Django includes a number of ``HttpResponse`` subclasses that handle different
types of HTTP responses. Like ``HttpResponse``, these subclasses live in
``django.http``.

``HttpResponseRedirect``
    The constructor takes a single argument -- the path to redirect to. This
    can be a fully qualified URL (e.g. ``'http://www.yahoo.com/search/'``) or an
    absolute URL with no domain (e.g. ``'/search/'``). Note that this returns
    an HTTP status code 302.

``HttpResponsePermanentRedirect``
    Like ``HttpResponseRedirect``, but it returns a permanent redirect (HTTP
    status code 301) instead of a "found" redirect (status code 302).
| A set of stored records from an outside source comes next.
-- ===== src/Main/Round.antt =====
-- What a round does to the database.
use luci_app_overwatch.Base.{
  ◌≡◌, ◌⊎◌, refl, ap, ◌∙◌, true, false, ite, List, [], ◌∷◌, Option, none, some, if◌then◌else◌,
  arith, Bool-cases, Option-cases, inl, inr, ℕ,
}
use luci_app_overwatch.Base.Float.{F64}
use luci_app_overwatch.Base.Int.{ℤ, pos, negsuc, sub_i64, ltb_ℤ, leb_ℤ, ◌-ℤ◌}
use luci_app_overwatch.Base.Maps
use luci_app_overwatch.Base.Text.{Str}
use luci_app_overwatch.Config.{Retention}
use luci_app_overwatch.Control.{Shared}
use luci_app_overwatch.Db.{
  Key, Key-discrete, Traffic, Table, Tables, DnsKey, DnsKey-discrete, traffic_of, insert_samples,
  rollup_tier, rollup, roll_hours, roll_days, prune,
}
use luci_app_overwatch.Db.Prune.{lookup-prune, kept}
use luci_app_overwatch.Db.Rollup.{get}
use luci_app_overwatch.Flow.{End}
use luci_app_overwatch.Main.{
  Daemon, Reading, insert_finalized, upsert_views, is_maintenance, maintain, share, scan, round,
}
use luci_app_overwatch.Recorder.{record_tick}
use luci_app_overwatch.Sample.{Sample}
use luci_app_overwatch.Snapshot.View.{ClientView}

-- The row of a key after some finalized minutes: the last one of the key, else what was there.
abbrev pub newest_row : Key → Option Traffic → List (Str × Sample) → Option Traffic
newest_row k old [] = old
newest_row k old ((mac, s) ∷ out) =
    newest_row k (ite (Key-discrete (s.ts, mac) k) (some (traffic_of s)) old) out

insert_finalized_min :
    (t : Tables) (out : List (Str × Sample)) (k : Key)
    → get k (insert_finalized t out).samples_min ≡ newest_row k (get k t.samples_min) out
unfolding insert_finalized insert_samples
insert_finalized_min t [] k = refl
insert_finalized_min t ((mac, s) ∷ out) k =
    let rows : Table = Maps.insert Key-discrete (s.ts, mac) (traffic_of s) t.samples_min in
    insert_finalized_min (record t { samples_min = rows }) out k
    ∙ ap (λ o. newest_row k o out)
        (Maps.lookup-upsert Key-discrete (s.ts, mac) k (λ _. traffic_of s) t.samples_min)

-- A roll-up leaves the minutes alone.
roll_days_min : (t : Tables) (o : Option Table) → (roll_days t o).0.samples_min ≡ t.samples_min
roll_days_min t none = refl
roll_days_min t (some d) = refl

rollup_min : (t : Tables) → (rollup t).0.samples_min ≡ t.samples_min
unfolding rollup
rollup_min t = go (rollup_tier 3600 t.samples_min t.samples_hour)
  where
    go : (o : Option Table) → (roll_hours t o).0.samples_min ≡ t.samples_min
    go none = refl
    go (some hours) = roll_days_min (record t { samples_hour = hours }) _

minutes_kept :
    (t : Tables) (now : ℤ) (r : Retention) (k : Key)
    → get k (prune t now r).samples_min ≡ kept (sub_i64 now r.min_secs) k.0 (get k t.samples_min)
minutes_kept t now r k = (lookup-prune t now r k (k.0, k.1, [])).0

maintain_min :
    (t : Tables) (r : Retention) (now last_maint : ℤ) (k : Key)
    → get k (maintain t r now last_maint).0.samples_min ≡ (
        if is_maintenance now last_maint
        then kept (sub_i64 now r.min_secs) k.0 (get k t.samples_min)
        else get k t.samples_min)
unfolding maintain
maintain_min t r now last_maint k = elim (Bool-cases (is_maintenance now last_maint)) [
  | inl b ↦ rw b (
      minutes_kept (rollup t).0 now r k
      ∙ ap (λ rows. kept (sub_i64 now r.min_secs) k.0 (get k rows)) (rollup_min t))
  | inr b ↦ rw b refl
]

-- What a round finalizes.
abbrev pub finalized_by : Shared → List ClientView → ℤ → List (Str × Sample)
finalized_by g snap now = (record_tick g.recorder snap now).1

-- After a round the table of minutes has, for every client and minute, the last one of it that the
-- recorder finalized in the round, else the row that it had; a round with maintenance keeps of them
-- those that are not older than the retention.
pub share_minutes :
    (g : Shared) (last_maint : ℤ) (snap : List ClientView) (now : ℤ) (k : Key)
    → let row = newest_row k (get k g.store.samples_min) (finalized_by g snap now) in
      get k (share g last_maint snap now).0.store.samples_min ≡ (
        if is_maintenance now last_maint
        then kept (sub_i64 now g.config.retention.min_secs) k.0 row
        else row)
unfolding share
share_minutes g last_maint snap now k =
    let inserted : Tables = insert_finalized g.store (finalized_by g snap now) in
    let seen : Tables = record inserted { clients = upsert_views inserted.clients snap now } in
    let row = insert_finalized_min g.store (finalized_by g snap now) k in
    maintain_min seen g.config.retention now last_maint k
    ∙ ap
        (λ o.
          if is_maintenance now last_maint
          then kept (sub_i64 now g.config.retention.min_secs) k.0 o
          else o)
        row

-- No row of any table of samples or counts is older than its retention.
pub record IsPruned (t : Tables) (now : ℤ) (r : Retention) : Type 0 where
  pub minutes : (k : Key) → ltb_ℤ k.0 (sub_i64 now r.min_secs) ≡ true → get k t.samples_min ≡ none
  pub hours : (k : Key) → ltb_ℤ k.0 (sub_i64 now r.hour_secs) ≡ true → get k t.samples_hour ≡ none
  pub days : (k : Key) → ltb_ℤ k.0 (sub_i64 now r.day_secs) ≡ true → get k t.samples_day ≡ none
  pub dns :
      (k : DnsKey)
      → ltb_ℤ k.0 (sub_i64 now r.dns_days) ≡ true
      → Maps.lookup DnsKey-discrete k t.dns_counts_day ≡ none

any_dns : Key → DnsKey
any_dns k = (k.0, k.1, [])

any_key : DnsKey → Key
any_key q = (q.0, q.1)

too_old :
    {V : Type 0} (limit ts : ℤ) (o : Option V) → ltb_ℤ ts limit ≡ true → kept limit ts o ≡ none
too_old limit ts o b = rw b refl

prune-IsPruned : (t : Tables) (now : ℤ) (r : Retention) → IsPruned (prune t now r) now r
prune-IsPruned t now r = record {
  minutes = λ k b.
      (lookup-prune t now r k (any_dns k)).0
      ∙ too_old (sub_i64 now r.min_secs) k.0 (get k t.samples_min) b;
  hours = λ k b.
      (lookup-prune t now r k (any_dns k)).1
      ∙ too_old (sub_i64 now r.hour_secs) k.0 (get k t.samples_hour) b;
  days = λ k b.
      (lookup-prune t now r k (any_dns k)).2
      ∙ too_old (sub_i64 now r.day_secs) k.0 (get k t.samples_day) b;
  dns = λ q b.
      (lookup-prune t now r (any_key q) q).3
      ∙ too_old (sub_i64 now r.dns_days) q.0 (Maps.lookup DnsKey-discrete q t.dns_counts_day) b;
}

no_gap : (now : ℤ) → ltb_ℤ (sub_i64 now now) (pos 300) ≡ true
unfolding sub_i64 ◌-ℤ◌
no_gap (pos n) = ground arith
no_gap (negsuc n) = ground arith

not_due : (n : ℤ) → leb_ℤ (pos 300) n ≡ false → ltb_ℤ n (pos 300) ≡ true
not_due n h = ground arith

share-IsPruned :
    (g : Shared) (last_maint : ℤ) (snap : List ClientView) (now : ℤ)
    → let r = share g last_maint snap now in
      (ltb_ℤ (sub_i64 now r.1) (pos 300) ≡ true)
      × ((r.1 ≡ last_maint) ⊎ ((r.1 ≡ now) × IsPruned r.0.store now g.config.retention))
unfolding share maintain is_maintenance
share-IsPruned g last_maint snap now = elim (Bool-cases (is_maintenance now last_maint)) [
  | inl b ↦ rw b (no_gap now, inr (refl, prune-IsPruned _ now g.config.retention))
  | inr b ↦ rw b (not_due (sub_i64 now last_maint) b, inl refl)
]

module _ (float : F64) (hash : End → End → ℕ → ℕ) (to_lowercase : Str → Str) where
  -- What a round leaves of a connection table that can be read.
  abbrev pub IsMaintained :
      Daemon float hash to_lowercase → Daemon float hash to_lowercase → ℤ → Type 0
  IsMaintained d d' now =
      (ltb_ℤ (sub_i64 now d'.last_maint) (pos 300) ≡ true)
      × ((d'.last_maint ≡ d.last_maint)
          ⊎ ((d'.last_maint ≡ now) × IsPruned d'.shared.store now d.shared.config.retention))

  -- After a round that reads the connection table, the last maintenance is less than 300 seconds back.
  -- Either it is the one that it was before, or it is this round's, and then no table of samples or
  -- counts has a row that is older than the configured retention, whether the roll-up succeeded or
  -- not. A round that cannot read the table changes nothing, so that maintenance waits as long as
  -- the table cannot be read.
  pub round-IsMaintained :
      (d : Daemon float hash to_lowercase) (r : Reading float hash to_lowercase)
      → let d' = round float hash to_lowercase d r in
        ((r.conntrack ≡ none) × (d' ≡ d))
        ⊎ ((table : Str) × (r.conntrack ≡ some table) × IsMaintained d d' r.now_i)
  unfolding round
  round-IsMaintained d r = elim (Option-cases r.conntrack) [
    | inl e ↦ inl (e, rw e refl)
    | inr (table, e) ↦
        let snap = (scan float hash to_lowercase d.acct table r).1 in
        inr (table, e, rw e (share-IsPruned d.shared d.last_maint snap r.now_i))
  ]
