-- ===== src/Main/Seen.antt =====
-- What a round writes down of the clients that it sees.
use luci_app_overwatch.Base.{
  ◌≡◌, refl, ap, ◌∙◌, ite, if_pos, if_neg, List, [], ◌∷◌, Option, none, some, Bool-cases, inl, inr,
}
use luci_app_overwatch.Base.Int.{ℤ}
use luci_app_overwatch.Base.Maps
use luci_app_overwatch.Base.Text.{Str, Str-discrete}
use luci_app_overwatch.Config.{Retention}
use luci_app_overwatch.Control.{Shared}
use luci_app_overwatch.Db.{
  Table, Tables, Client, seen_first, insert_samples, upsert_client, rollup_tier, roll_days,
  roll_hours, rollup, prune,
}
use luci_app_overwatch.Main.{insert_finalized, upsert_views, is_maintenance, maintain, share}
use luci_app_overwatch.Recorder.{record_tick}
use luci_app_overwatch.Sample.{Sample}
use luci_app_overwatch.Snapshot.View.{ClientView}

abbrev or_else : Option ClientView → Option ClientView → Option ClientView
or_else none o = o
or_else (some v) o = some v

-- The last view of a client in a snapshot.
abbrev pub last_view : Str → List ClientView → Option ClientView
last_view m [] = none
last_view m (v ∷ vs) = or_else (last_view m vs) (ite (Str-discrete v.mac m) (some v) none)

-- A client as a snapshot shows it, and what the table had of it before.
abbrev pub seen : Option ClientView → Option Client → ℤ → Option Client
seen none old now = old
seen (some v) old now =
    some (record { host = v.host; ip = v.ip; first_seen = seen_first old now; last_seen = now })

abbrev client_row : ClientView → ℤ → Option Client → Client
client_row v now o = record {
  host = v.host;
  ip = v.ip;
  first_seen = seen_first o now;
  last_seen = now;
}

seen_again :
    (o : Option ClientView) (v : ClientView) (old : Option Client) (now : ℤ)
    → seen o (some (client_row v now old)) now ≡ seen (or_else o (some v)) old now
seen_again none v old now = refl
seen_again (some w) v old now = refl

seen_not :
    (o : Option ClientView) (old : Option Client) (now : ℤ)
    → seen o old now ≡ seen (or_else o none) old now
seen_not none old now = refl
seen_not (some w) old now = refl

lookup-upsert_views :
    (m : Str) (clients : List (Str × Client)) (vs : List ClientView) (now : ℤ)
    → Maps.lookup Str-discrete m (upsert_views clients vs now)
      ≡ seen (last_view m vs) (Maps.lookup Str-discrete m clients) now
unfolding upsert_views upsert_client
lookup-upsert_views m clients [] now = refl
lookup-upsert_views m clients (v ∷ vs) now =
    let old = Maps.lookup Str-discrete m clients in
    lookup-upsert_views m (upsert_client clients v.mac v.host v.ip now) vs now
    ∙ elim (Str-discrete v.mac m) [
      | yes e ↦ rw (if_pos (Str-discrete v.mac m) e) (
          ap (λ o. seen (last_view m vs) o now)
            (Maps.lookup-upsert_eq Str-discrete v.mac m (client_row v now) clients e)
          ∙ seen_again (last_view m vs) v old now)
      | no ne ↦ rw (if_neg (Str-discrete v.mac m) ne) (
          ap (λ o. seen (last_view m vs) o now)
            (Maps.lookup-upsert_ne Str-discrete v.mac m (client_row v now) clients ne)
          ∙ seen_not (last_view m vs) old now)
    ]

-- Neither inserting minutes nor maintenance touches the clients.
insert_finalized_clients :
    (t : Tables) (out : List (Str × Sample)) → (insert_finalized t out).clients ≡ t.clients
unfolding insert_finalized
insert_finalized_clients t [] = refl
insert_finalized_clients t ((mac, s) ∷ out) =
    insert_finalized_clients (record t { samples_min = insert_samples t.samples_min mac (s ∷ []) })
      out

roll_days_clients : (t : Tables) (o : Option Table) → (roll_days t o).0.clients ≡ t.clients
roll_days_clients t none = refl
roll_days_clients t (some d) = refl

rollup_clients : (t : Tables) → (rollup t).0.clients ≡ t.clients
unfolding rollup
rollup_clients t = go (rollup_tier 3600 t.samples_min t.samples_hour)
  where
    go : (o : Option Table) → (roll_hours t o).0.clients ≡ t.clients
    go none = refl
    go (some hours) =
        roll_days_clients (record t { samples_hour = hours })
          (rollup_tier 86400 hours t.samples_day)

maintain_clients :
    (t : Tables) (r : Retention) (now last_maint : ℤ)
    → (maintain t r now last_maint).0.clients ≡ t.clients
unfolding maintain prune
maintain_clients t r now last_maint = elim (Bool-cases (is_maintenance now last_maint)) [
  | inl b ↦ rw b (rollup_clients t)
  | inr b ↦ rw b refl
]

-- After a round the table of clients has, for every client of the snapshot, the host and the address
-- of its last view, the round's time as the last one, and the time that it was first seen, which stays
-- what it was, or is the round's for a new client. The other clients' rows stay, maintenance or not.
pub share_clients :
    (g : Shared) (last_maint : ℤ) (snap : List ClientView) (now : ℤ) (m : Str)
    → Maps.lookup Str-discrete m (share g last_maint snap now).0.store.clients
      ≡ seen (last_view m snap) (Maps.lookup Str-discrete m g.store.clients) now
unfolding share
share_clients g last_maint snap now m =
    let out = (record_tick g.recorder snap now).1 in
    let inserted : Tables = insert_finalized g.store out in
    ap (Maps.lookup Str-discrete m) (
      maintain_clients (record inserted { clients = upsert_views inserted.clients snap now })
        g.config.retention now last_maint)
    ∙ lookup-upsert_views m inserted.clients snap now
    ∙ ap (λ cs. seen (last_view m snap) (Maps.lookup Str-discrete m cs) now)
        (insert_finalized_clients g.store out)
``HttpResponseNotModified``
    The constructor doesn't take any arguments. Use this to designate that a
    page hasn't been modified since the user's last request.

``HttpResponseNotFound``
    Acts just like ``HttpResponse`` but uses a 404 status code.

``HttpResponseForbidden``
    Acts just like ``HttpResponse`` but uses a 403 status code.

``HttpResponseNotAllowed``
    Like ``HttpResponse``, but uses a 405 status code. Takes a single,
    required argument: a list of permitted methods (e.g. ``['GET', 'POST']``).

``HttpResponseGone``
    Acts just like ``HttpResponse`` but uses a 410 status code.

``HttpResponseServerError``
    Acts just like ``HttpResponse`` but uses a 500 status code.